(Stored items from a collection)
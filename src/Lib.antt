-- ===== src/Lib.antt =====
-- monaka-fs: a virtual file system in memory (crates/core/fs-core), which adapters, hosts and RPC
-- servers bind to WASI, and which a sync layer copies to an object store. What is modelled is the core
-- crate and the core of the sync layer, as a shallow embedding: data as records and data types,
-- functions as functions.
--
-- The parts, with the file of crates/core/fs-core/src/ that each is about:
--   * Storage (storage.rs): the contents of a file in blocks of 4096 bytes that are allocated when they
--     are written. `BlockStorage`, `read`, `write` and `truncate` are those of the source. A method
--     that changes its receiver returns the new one. Each loop recurses on fuel, the length of the
--     buffer or of the data, which is enough since a round moves at least one byte; the loop that grows
--     the vector has the rounds that bring it to the index. Storage.File is the plain file that the
--     blocks stand for; Storage.Refine is about the two.
--   * Inode (inode.rs, handle.rs, types.rs), Error (error.rs), Time (time.rs): what the tables hold,
--     the flags, the errors with their numbers, and the source of time stamps, an instance argument.
--   * Path: how fs.rs takes a path apart. A name is the list of its bytes. Path.Spelling says, apart from
--     the code, which names a path spells.
--   * Fs (fs.rs): the two tables and the counters as a record, and the calls as functions from the state
--     to a result and the state that is left, errors included (Fs.Exec). Fs.Create, Fs.Open, Fs.Io,
--     Fs.Seek, Fs.Dirs, Fs.Remove and Fs.Rename have the calls under their names in the source. A
--     reference to an inode is its key and what the table holds there; the source keeps a shared cell,
--     which the table never replaces. Fs.Invariant says when a state is well formed and has the rules
--     by which each call keeps it so; Fs.Behaviour says what the calls do.
--   * Snapshot (snapshot.rs): the file system as plain data and back, by way of `Storage.read`,
--     `Storage.write` and `inode_insert`. What serde makes of the data is not modelled.
--   * Sync (crates/sync/vfs-sync-core/src/): the copy of a file system in an object store.
--       Types, FileMetadata, Config, Backend are types.rs, file_metadata.rs, config.rs, fs_backend.rs.
--       Store (object_store.rs) is the store as an interface, with the layout of its keys and the
--       helpers on paths; Store.Memory (testing.rs) is the store in memory, with conditional requests.
--       Lease (lease.rs) has the record of a lease and its text, the table of leases, and `acquire`,
--       `renew` and `release`; Lease.System cuts these at their calls of the store and interleaves
--       any number of instances.
--       Manager (sync_manager.rs) has the state of the manager as a record, and its methods as calls
--       that return their outcome and the state that is left: Manager.Upload, .Leases, .Closing,
--       .Dirs, .Flush, .Poll, .Load and .Tick; the other children have the proofs.
--       The world that a call works on (the store, the local file system, the clocks) is a type `W`,
--       with ObjectStore, FsBackend and Clock as instance arguments (Sync.Exec).
--   * Text: UTF-8, lines, trimming and decimal numbers, as the standard library has them.
--   * Map, Key: `BTreeMap` as an association list in the order of its keys. A `HashMap` or `HashSet` (the
--     tables of leases, ETags and markers of the sync layer) is the same: it lists its keys in an order
--     that the source leaves open, and here in that of the keys. Prelude: lists, tests and numbers that
--     the parts share.
--
-- How they interact: a call of Fs looks its descriptor or path up in the tables, reads or changes one
-- file by the calls of Storage, and writes the inode and the descriptor back; Snapshot reads the whole
-- inode table and makes a new one.
-- The manager calls the store and the local file system, asks the cache for the ETag that it saw last,
-- and takes a lease before a file is opened for writing; the lease is an object of the same store.
--
-- Numbers: `usize` is the one of 64 bits, additions of it wrap at 2 ^ 64, inode ids wrap at 2 ^ 64 and
-- descriptors at 2 ^ 32. An `i64` is its bit pattern, and the sums in `seek` wrap, as a release build
-- does. Where a theorem needs that nothing wraps, it says so. Durations and instants of the sync layer
-- are in milliseconds; the sums that the source makes in a `u64` wrap.
--
-- Fuel: `acquire` has a round for every 50 milliseconds of its timeout and two more, since a pause takes
-- so long; `force_flush` and the wait for a lease that is being released take their fuel as an
-- argument, and answer `none` when it is used up.
--
-- A call of the manager runs to its end before the next one; what other instances do in the meantime
-- is in the world that the store's calls leave.
--
-- Not modelled: the flavour with the feature thread-safe, whose calls interleave at their locks, and the
-- threads of one host in the sync manager; log messages and the texts of errors; the clients of S3, the
-- RPC protocol and its servers, the adapters and hosts, the command line tool, benchmarks and examples.
pub mod Prelude
pub mod Storage
pub mod Key
pub mod Map
pub mod Path
pub mod Text
pub mod Error
pub mod Time
pub mod Inode
pub mod Fs
pub mod Snapshot
pub mod Sync
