-- ===== src/Error.antt =====
-- crates/core/fs-core/src/error.rs
use monaka_fs.Prelude.{ℕ}
use monaka_fs.Prelude.Int.{ℤ, negsuc}

pub data FsError : Type 0 where
  not_found not_a_directory is_a_directory invalid_argument bad_file_descriptor permission_denied
        already_exists not_empty :
      FsError

-- `i32` codes: `negsuc n` is -(n + 1).
unfoldable pub to_errno : FsError → ℤ
to_errno not_found = negsuc 1
to_errno not_a_directory = negsuc 19
to_errno is_a_directory = negsuc 20
to_errno invalid_argument = negsuc 21
to_errno bad_file_descriptor = negsuc 8
to_errno permission_denied = negsuc 12
to_errno already_exists = negsuc 16
to_errno not_empty = negsuc 38

unfoldable pub to_wasi_error_code : FsError → ℕ
to_wasi_error_code not_found = 44
to_wasi_error_code not_a_directory = 54
to_wasi_error_code is_a_directory = 31
to_wasi_error_code invalid_argument = 28
to_wasi_error_code bad_file_descriptor = 8
to_wasi_error_code permission_denied = 2
to_wasi_error_code already_exists = 20
to_wasi_error_code not_empty = 55

pub data Result (A : Type 0) : Type 0 where
  ok : A → Result A
  err : FsError → Result A

infixl 5 ◌>>=◌
abbrev pub ◌>>=◌ : {A B : Type 0} → Result A → (A → Result B) → Result B
ok a >>= f = f a
err e >>= f = err e
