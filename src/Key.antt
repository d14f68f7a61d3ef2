-- ===== src/Key.antt =====
-- Keys of the maps: `Ord` as `BTreeMap` needs it. Numbers are inode ids and file descriptors; a
-- name is the list of its UTF-8 bytes, which Rust compares byte by byte.
use monaka_fs.Prelude.{
  ℕ, ◌≡◌, refl, ◌↔◌, Bool, true, false, ◌&&◌, ◌||◌, List, [], ◌∷◌, arith, ltb, ◌==◌ as nat_eq,
  ==_iff,
}

pub record Key (K : Type 0) : Type 0 where
  pub beq : K → K → Bool
  pub less : K → K → Bool
  pub beq_iff : (a b : K) → (beq a b ≡ true) ↔ (a ≡ b)

infix 50 ◌==◌ ◌≺◌
abbrev pub ◌==◌ : {K : Type 0} ⦃k : Key K⦄ → K → K → Bool
◌==◌ ⦃k⦄ = k.beq

abbrev pub ◌≺◌ : {K : Type 0} ⦃k : Key K⦄ → K → K → Bool
◌≺◌ ⦃k⦄ = k.less

abbrev pub Name : Type 0
Name = List ℕ

abbrev pub name_eq : Name → Name → Bool
name_eq [] [] = true
name_eq [] (b ∷ bs) = false
name_eq (a ∷ as') [] = false
name_eq (a ∷ as') (b ∷ bs) = nat_eq a b && name_eq as' bs

abbrev pub name_less : Name → Name → Bool
name_less [] [] = false
name_less [] (b ∷ bs) = true
name_less (a ∷ as') [] = false
name_less (a ∷ as') (b ∷ bs) = ltb a b || (nat_eq a b && name_less as' bs)

pub name_eq_iff : (a b : Name) → (name_eq a b ≡ true) ↔ (a ≡ b)
name_eq_iff [] [] = (λ h. refl, λ h. refl)
name_eq_iff [] (b ∷ bs) = (λ h. cc, λ h. cc)
name_eq_iff (a ∷ as') [] = (λ h. cc, λ h. cc)
name_eq_iff (a ∷ as') (b ∷ bs) =
    (λ h. ground (arith, name_eq_iff as' bs), λ h. ground (arith, name_eq_iff as' bs))

instance abbrev pub nat_key : Key ℕ
nat_key = record { beq = nat_eq; less = ltb; beq_iff = ==_iff }

instance abbrev pub name_key : Key Name
name_key = record { beq = name_eq; less = name_less; beq_iff = name_eq_iff }
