-- ===== src/Map.antt =====
-- `BTreeMap`: an association list in the order of its keys. The program goes by `get`, `insert`,
-- `remove`, `contains_key`, `keys`, `iter` and `is_empty`. It stands for `HashMap` and `HashSet` too,
-- whose order, which the source leaves open, is that of the keys here.
pub mod Sorted
use monaka_fs.Prelude.{
  ◌≡◌, ◌⊎◌, refl, Bool, true, false, List, [], ◌∷◌, Option, none, some, arith, if◌then◌else◌, inl,
  inr, Bool-cases,
}
use monaka_fs.Key.{Key, ◌==◌, ◌≺◌}

abbrev pub Map : Type 0 → Type 0 → Type 0
Map K V = List (K × V)

module _ {K V : Type 0} ⦃key : Key K⦄ where
  unfoldable pub get : Map K V → K → Option V
  get [] k = none
  get ((j, v) ∷ m) k = if j == k then some v else get m k

  unfoldable pub insert : Map K V → K → V → Map K V
  insert [] k v = (k, v) ∷ []
  insert ((j, w) ∷ m) k v =
      if j == k then (k, v) ∷ m else if k ≺ j then (k, v) ∷ (j, w) ∷ m else (j, w) ∷ insert m k v

  unfoldable pub remove : Map K V → K → Map K V
  remove [] k = []
  remove ((j, w) ∷ m) k = let rest = remove m k in if j == k then rest else (j, w) ∷ rest

  abbrev pub contains_key : Map K V → K → Bool
  contains_key m k = elim (get m k) [ none ↦ false | some _ ↦ true ]

  pub get-insert :
      (m : Map K V) (k j : K) (v : V) → get (insert m k v) j ≡ (if k == j then some v else get m j)
  unfolding get insert
  get-insert [] k j v = refl
  get-insert ((i, w) ∷ m) k j v =
      ground (arith, key.beq_iff i k, key.beq_iff k j, key.beq_iff i j, get-insert m k j v)

  pub get-remove : (m : Map K V) (k j : K) → get (remove m k) j ≡ (if k == j then none else get m j)
  unfolding get remove
  get-remove [] k j = ground arith
  get-remove ((i, w) ∷ m) k j =
      ground (arith, key.beq_iff i k, key.beq_iff k j, key.beq_iff i j, get-remove m k j)

pub get-nil : {K V : Type 0} ⦃key : Key K⦄ (k : K) → get {V = V} [] k ≡ none
unfolding get
get-nil k = refl

module _ {K V : Type 0} ⦃key : Key K⦄ where
  pub get-insert_self : (m : Map K V) (k : K) (v : V) → get (insert m k v) k ≡ some v
  get-insert_self m k v = ground (arith, get-insert m k k v, key.beq_iff k k)

  pub get-insert_cases :
      (m : Map K V) (k j : K) (v w : V)
      → get (insert m k v) j ≡ some w
      → ((k ≡ j) × (v ≡ w)) ⊎ (get m j ≡ some w)
  get-insert_cases m k j v w h = elim (Bool-cases (k == j)) [
    | inl e ↦ inl ((key.beq_iff k j).0 e, ground (arith, get-insert m k j v))
    | inr e ↦ inr (ground (arith, get-insert m k j v))
  ]

  pub get-remove-some :
      (m : Map K V) (k j : K) (w : V) → get (remove m k) j ≡ some w → get m j ≡ some w
  get-remove-some m k j w h = ground (arith, get-remove m k j)

abbrev pub keys : {K V : Type 0} → Map K V → List K
keys [] = []
keys ((k, v) ∷ m) = k ∷ keys m

abbrev pub is_empty : {K V : Type 0} → Map K V → Bool
is_empty [] = true
is_empty (e ∷ m) = false
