-- ===== src/Time.antt =====
-- crates/core/fs-core/src/time.rs: where time stamps come from. `now` takes `&self`, with a counter
-- inside that it may change, so it returns the provider that it leaves.
use monaka_fs.Prelude.{ℕ, ◌+◌, ◌%◌, ◌^◌}

pub record TimeProvider (T : Type 0) : Type 0 where
  pub now : T → ℕ × T

pub record MonotonicCounter : Type 0 where
  pub counter : ℕ

abbrev pub new : MonotonicCounter
new = record { counter = 0 }

instance abbrev pub monotonic : TimeProvider MonotonicCounter
monotonic = record { now = λ c. (c.counter, record { counter = (c.counter + 1) % 2 ^ 64 }) }
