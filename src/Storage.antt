-- ===== src/Storage.antt =====
-- crates/core/fs-core/src/storage.rs: file contents in blocks that are allocated when they are
-- first written. `usize` is the 64-bit one. A method with `&mut self` returns the new storage.
pub mod View
pub mod Round
pub mod Write
pub mod Read
pub mod File
pub mod Truncate
pub mod Refine
mod Tests
mod Examples
use monaka_fs.Prelude.{
  ℕ, zero, suc, ◌+◌, ◌-◌, ◌*◌, ◌/◌, ◌%◌, ◌^◌, min, Bool, true, false, List, [], ◌∷◌, ◌++◌, ◌&&◌,
  Option, none, some, ltb, leb, ◌==◌, if◌then◌else◌, length, get_or, set, take, drop, replicate,
  slice, overwrite,
}

-- crates/core/fs-core/src/types.rs
abbrev pub block_size : ℕ
block_size = 4096

abbrev pub Bytes : Type 0
Bytes = List ℕ

-- `Vec<Option<Box<[u8; BLOCK_SIZE]>>>`
abbrev pub Blocks : Type 0
Blocks = List (Option Bytes)

pub record BlockStorage : Type 0 where
  pub blocks : Blocks
  pub size : ℕ

-- `usize` addition
abbrev pub add_size : ℕ → ℕ → ℕ
add_size a b = (a + b) % 2 ^ 64

abbrev pub new : BlockStorage
new = record { blocks = []; size = 0 }

-- One round of the loop of `read` copies `n` bytes of the block, or `n` zeros for a sparse block.
unfoldable pub copy_out : Option Bytes → ℕ → ℕ → Bytes
copy_out (some block) block_offset n = slice block block_offset n
copy_out none block_offset n = replicate n 0

-- The bytes that a round moves: up to the end of the block, of the buffer and of the file.
abbrev pub read_count : ℕ → ℕ → ℕ → ℕ → ℕ
read_count size len bytes_read current =
    min (block_size - current % block_size) (min (len - bytes_read) (size - current))

-- The loop of `read`, with the buffer, `bytes_read` and `current_offset` as its variables. A round
-- fills at least one byte of the buffer, so the buffer's length is enough fuel.
unfoldable pub read_loop : ℕ → BlockStorage → Bytes → ℕ → ℕ → ℕ × Bytes
read_loop zero s buf bytes_read current = (bytes_read, buf)
read_loop (suc fuel) s buf bytes_read current =
    elim (ltb bytes_read (length buf) && ltb current s.size) [
      | false ↦ (bytes_read, buf)
      | true ↦ elim (leb (length s.blocks) (current / block_size)) [
        | true ↦ (bytes_read, buf)
        | false ↦
            let n = read_count s.size (length buf) bytes_read current in
            let block = get_or s.blocks (current / block_size) none in
            read_loop fuel s (overwrite buf bytes_read (copy_out block (current % block_size) n))
              (add_size bytes_read n) (add_size current n)
      ]
    ]

-- `read(&self, offset, buf)`: the count and the buffer that the call leaves.
unfoldable pub read : BlockStorage → ℕ → Bytes → ℕ × Bytes
read s offset buf = if leb s.size offset then (0, buf) else read_loop (length buf) s buf 0 offset

-- `while block_index >= self.blocks.len() { self.blocks.push(None) }`, by rounds left.
unfoldable pub grow : ℕ → Blocks → ℕ → Blocks
grow zero blocks block_index = blocks
grow (suc fuel) blocks block_index = elim (leb (length blocks) block_index) [
  | true ↦ grow fuel (blocks ++ none ∷ []) block_index
  | false ↦ blocks
]

-- The block as the round of `write` finds it: a sparse one is allocated with zeros.
unfoldable pub allocated : Option Bytes → Bytes
allocated (some block) = block
allocated none = replicate block_size 0

-- The blocks after one round of the loop of `write`, which copies `n` bytes of `src`.
unfoldable pub write_round : Blocks → Bytes → ℕ → ℕ → ℕ → Blocks
write_round blocks src bytes_written current n =
    let index = current / block_size in
    let grown = grow (suc index) blocks index in
    let block = allocated (get_or grown index none) in
    set grown index (some (overwrite block (current % block_size) (slice src bytes_written n)))

abbrev pub write_count : ℕ → ℕ → ℕ → ℕ
write_count len bytes_written current =
    min (block_size - current % block_size) (len - bytes_written)

-- What the loop of `write` leaves in `blocks`, `bytes_written` and `current_offset`.
pub record Written : Type 0 where
  pub blocks : Blocks
  pub bytes_written : ℕ
  pub current : ℕ

-- The loop of `write`. A round takes at least one byte, so the length of the data is enough fuel.
unfoldable pub write_loop : ℕ → Bytes → Blocks → ℕ → ℕ → Written
write_loop zero src blocks bytes_written current = record {
  blocks = blocks;
  bytes_written = bytes_written;
  current = current;
}
write_loop (suc fuel) src blocks bytes_written current = elim (ltb bytes_written (length src)) [
  | false ↦ record { blocks = blocks; bytes_written = bytes_written; current = current }
  | true ↦
      let n = write_count (length src) bytes_written current in
      write_loop fuel src (write_round blocks src bytes_written current n)
        (add_size bytes_written n) (add_size current n)
]

unfoldable pub finish_write : BlockStorage → Written → ℕ × BlockStorage
finish_write s w = (
  w.bytes_written,
  record { blocks = w.blocks; size = if ltb s.size w.current then w.current else s.size },
)

unfoldable pub write : BlockStorage → ℕ → Bytes → ℕ × BlockStorage
write s offset [] = (0, s)
write s offset (b ∷ src) =
    finish_write s (write_loop (length (b ∷ src)) (b ∷ src) s.blocks 0 offset)

-- `usize::div_ceil`
abbrev pub div_ceil : ℕ → ℕ → ℕ
div_ceil n d = if n % d == 0 then n / d else n / d + 1

-- `for byte in &mut block[from..] { *byte = 0 }`
unfoldable pub clear_from : ℕ → Bytes → Bytes
clear_from n [] = []
clear_from zero (b ∷ block) = 0 ∷ clear_from zero block
clear_from (suc n) (b ∷ block) = b ∷ clear_from n block

-- The clearing of the last block that is kept, if it is there and allocated.
unfoldable pub clear_last : Blocks → ℕ → ℕ → Blocks
clear_last [] index from = []
clear_last (none ∷ blocks) zero from = none ∷ blocks
clear_last (some block ∷ blocks) zero from = some (clear_from from block) ∷ blocks
clear_last (o ∷ blocks) (suc index) from = o ∷ clear_last blocks index from

-- Dropping the blocks beyond the new size, and clearing the rest of the last one.
unfoldable pub shrink : Blocks → ℕ → Blocks
shrink blocks new_size =
    let count = div_ceil new_size block_size in
    let kept = take count blocks in
    if ltb 0 new_size && ltb 0 count && ltb 0 (new_size % block_size)
    then clear_last kept (count - 1) (new_size % block_size)
    else kept

unfoldable pub truncate : BlockStorage → ℕ → BlockStorage
truncate s new_size =
    if ltb new_size s.size
    then record { blocks = shrink s.blocks new_size; size = new_size }
    else if ltb s.size new_size
    then record s { size = new_size }
    else s
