-- ===== src/Inode.antt =====
-- crates/core/fs-core/src/inode.rs, handle.rs and types.rs: what the tables of `Fs` hold.
use Prim.Native.Nat.{bit_and}
use monaka_fs.Prelude.{ℕ, Bool, true, false, not, [], ◌==◌}
use monaka_fs.Key.{Name}
use monaka_fs.Map.{Map}
use monaka_fs.Storage
use monaka_fs.Storage.{BlockStorage}

abbrev pub o_rdonly : ℕ
o_rdonly = 0

abbrev pub o_wronly : ℕ
o_wronly = 1

abbrev pub o_rdwr : ℕ
o_rdwr = 2

abbrev pub o_creat : ℕ
o_creat = 0x40

abbrev pub o_excl : ℕ
o_excl = 0x80

abbrev pub o_trunc : ℕ
o_trunc = 0x200

abbrev pub o_append : ℕ
o_append = 0x400

-- `flags & bit != 0`
abbrev pub has : ℕ → ℕ → Bool
has flags bit = not (bit_and flags bit == 0)

-- `flags & 0x3`
abbrev pub access_mode : ℕ → ℕ
access_mode flags = bit_and flags 3

pub record Metadata : Type 0 where
  pub size : ℕ
  pub created : ℕ
  pub modified : ℕ
  pub permissions : ℕ
  pub is_dir : Bool

pub data FileContent : Type 0 where
  file : BlockStorage → FileContent
  dir : Map Name ℕ → FileContent

pub record Inode : Type 0 where
  pub id : ℕ
  pub metadata : Metadata
  pub content : FileContent

abbrev pub new_file : ℕ → Inode
new_file id = record {
  id = id;
  metadata = record { size = 0; created = 0; modified = 0; permissions = 0o644; is_dir = false };
  content = file Storage.new;
}

abbrev pub new_dir : ℕ → Inode
new_dir id = record {
  id = id;
  metadata = record { size = 0; created = 0; modified = 0; permissions = 0o755; is_dir = true };
  content = dir [];
}

-- `matches!(content, FileContent::File(_))`
abbrev pub is_file : FileContent → Bool
is_file (file storage) = true
is_file (dir entries) = false

pub record FileHandle : Type 0 where
  pub inode_id : ℕ
  pub position : ℕ
  pub flags : ℕ
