-- ===== src/Fs.antt =====
-- crates/core/fs-core/src/fs.rs: the state of the file system, its tables and the lookups that
-- change nothing. The flavour modelled is the one without `std` and `thread-safe`: both tables are
-- `BTreeMap`s, a call runs to its end before the next one starts, and an inode reference is shared
-- by the table and never replaced there, so that a reference is the key and the inode behind it.
pub mod Exec
pub mod Create
pub mod Open
pub mod Io
pub mod Seek
pub mod Dirs
pub mod Remove
pub mod Rename
pub mod Invariant
pub mod Behaviour
mod Tests
mod Examples
use monaka_fs.Prelude.{
  ℕ, ◌+◌, ◌%◌, ◌^◌, Bool, true, false, List, [], ◌∷◌, Option, none, some, if◌then◌else◌,
}
use monaka_fs.Key.{Name, nat_key, name_key}
use monaka_fs.Map
use monaka_fs.Map.{Map}
use monaka_fs.Error.{
  Result, ok, err, FsError, not_found, not_a_directory, bad_file_descriptor, ◌>>=◌,
}
use monaka_fs.Time.{TimeProvider}
use monaka_fs.Inode.{Inode, FileContent, file, dir, FileHandle, Metadata, is_file, new_dir}

pub record Fs (T : Type 0) : Type 0 where
  pub next_inode : ℕ
  pub next_fd : ℕ
  pub fd_table : Map ℕ FileHandle
  pub inode_table : Map ℕ Inode
  pub root_inode : ℕ
  pub time_provider : T

-- What `inode_get` returns: the shared cell of the table, read now.
pub record InodeRef : Type 0 where
  pub key : ℕ
  pub inode : Inode

abbrev pub ok_or : {A : Type 0} → Option A → FsError → Result A
ok_or none e = err e
ok_or (some a) e = ok a

abbrev pub entries_of : FileContent → Option (Map Name ℕ)
entries_of (file storage) = none
entries_of (dir entries) = some entries

-- `if matches!(content, FileContent::File(_)) { return Err(NotADirectory) }`
abbrev pub enter : InodeRef → Result InodeRef
enter r = if is_file r.inode.content then err not_a_directory else ok r

module _ {T : Type 0} where
  unfoldable pub fd_with : Fs T → ℕ → Result FileHandle
  fd_with s fd = ok_or (Map.get s.fd_table fd) bad_file_descriptor

  -- `fd_try_with(fd, |h| h.set_position(pos))`
  unfoldable pub set_position : Fs T → ℕ → ℕ → Fs T
  set_position s fd pos = elim (Map.get s.fd_table fd) [
    | none ↦ s
    | some h ↦ record s { fd_table = Map.insert s.fd_table fd (record h { position = pos }) }
  ]

  unfoldable pub fd_insert : Fs T → ℕ → FileHandle → Fs T
  fd_insert s fd handle = record s { fd_table = Map.insert s.fd_table fd handle }

  unfoldable pub fd_remove : Fs T → ℕ → Fs T
  fd_remove s fd = record s { fd_table = Map.remove s.fd_table fd }

  unfoldable pub inode_get : Fs T → ℕ → Option InodeRef
  inode_get s id = elim (Map.get s.inode_table id) [
    | none ↦ none
    | some inode ↦ some (record { key = id; inode = inode })
  ]

  unfoldable pub inode_insert : Fs T → ℕ → Inode → Fs T
  inode_insert s id inode = record s { inode_table = Map.insert s.inode_table id inode }

  abbrev pub find_entry : Fs T → Option ℕ → Result InodeRef
  find_entry s none = err not_found
  find_entry s (some id) = ok_or (inode_get s id) not_found

  abbrev pub find_in : Fs T → FileContent → Name → Result InodeRef
  find_in s (file storage) name = err not_a_directory
  find_in s (dir entries) name = find_entry s (Map.get entries name)

  unfoldable pub find_inode : Fs T → InodeRef → Name → Result InodeRef
  find_inode s parent name = find_in s parent.inode.content name

  -- The loop over the leading components, which checks that each is a directory.
  unfoldable pub walk : Fs T → InodeRef → List Name → Result InodeRef
  walk s current [] = ok current
  walk s current (comp ∷ comps) = do
    next ← find_inode s current comp
    here ← enter next
    walk s here comps

  -- The loop of `stat` and `readdir`, which leaves that check to `find_inode`.
  unfoldable pub resolve : Fs T → InodeRef → List Name → Result InodeRef
  resolve s current [] = ok current
  resolve s current (comp ∷ comps) = do next ← find_inode s current comp; resolve s next comps

  unfoldable pub get_root : Fs T → Result InodeRef
  get_root s = ok_or (inode_get s s.root_inode) not_found

  unfoldable pub empty_with : T → ℕ → ℕ → Fs T
  empty_with time_provider root_inode next_inode_seed = record {
    next_inode = next_inode_seed;
    next_fd = 3;
    fd_table = [];
    inode_table = [];
    root_inode = root_inode;
    time_provider = time_provider;
  }

module _ {T : Type 0} ⦃time : TimeProvider T⦄ where
  unfoldable pub with_time_provider : T → Fs T
  with_time_provider provider =
      let (timestamp, provider') = time.now provider in
      let inode = new_dir 0 in
      let root = record inode {
        metadata = record inode.metadata { created = timestamp; modified = timestamp };
      } in
      inode_insert (empty_with provider' 0 1) 0 root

— EXERCISE DETAILS —
Among the lines above, repeat exactly those from the line with "-- fills at" to the line with "min (block_size - current % block_size) (len", counting both ends.

— ANSWER BOX —
-- fills at least one byte of the buffer, so the buffer's length is enough fuel.
unfoldable pub read_loop : ℕ → BlockStorage → Bytes → ℕ → ℕ → ℕ × Bytes
read_loop zero s buf bytes_read current = (bytes_read, buf)
read_loop (suc fuel) s buf bytes_read current =
    elim (ltb bytes_read (length buf) && ltb current s.size) [
      | false ↦ (bytes_read, buf)
      | true ↦ elim (leb (length s.blocks) (current / block_size)) [
        | true ↦ (bytes_read, buf)
        | false ↦
            let n = read_count s.size (length buf) bytes_read current in
            let block = get_or s.blocks (current / block_size) none in
            read_loop fuel s (overwrite buf bytes_read (copy_out block (current % block_size) n))
              (add_size bytes_read n) (add_size current n)
      ]
    ]

-- `read(&self, offset, buf)`: the count and the buffer that the call leaves.
unfoldable pub read : BlockStorage → ℕ → Bytes → ℕ × Bytes
read s offset buf = if leb s.size offset then (0, buf) else read_loop (length buf) s buf 0 offset

-- `while block_index >= self.blocks.len() { self.blocks.push(None) }`, by rounds left.
unfoldable pub grow : ℕ → Blocks → ℕ → Blocks
grow zero blocks block_index = blocks
grow (suc fuel) blocks block_index = elim (leb (length blocks) block_index) [
  | true ↦ grow fuel (blocks ++ none ∷ []) block_index
  | false ↦ blocks
]

-- The block as the round of `write` finds it: a sparse one is allocated with zeros.
unfoldable pub allocated : Option Bytes → Bytes
allocated (some block) = block
allocated none = replicate block_size 0

-- The blocks after one round of the loop of `write`, which copies `n` bytes of `src`.
unfoldable pub write_round : Blocks → Bytes → ℕ → ℕ → ℕ → Blocks
write_round blocks src bytes_written current n =
    let index = current / block_size in
    let grown = grow (suc index) blocks index in
    let block = allocated (get_or grown index none) in
    set grown index (some (overwrite block (current % block_size) (slice src bytes_written n)))

abbrev pub write_count : ℕ → ℕ → ℕ → ℕ
write_count len bytes_written current =
    min (block_size - current % block_size) (len - bytes_written)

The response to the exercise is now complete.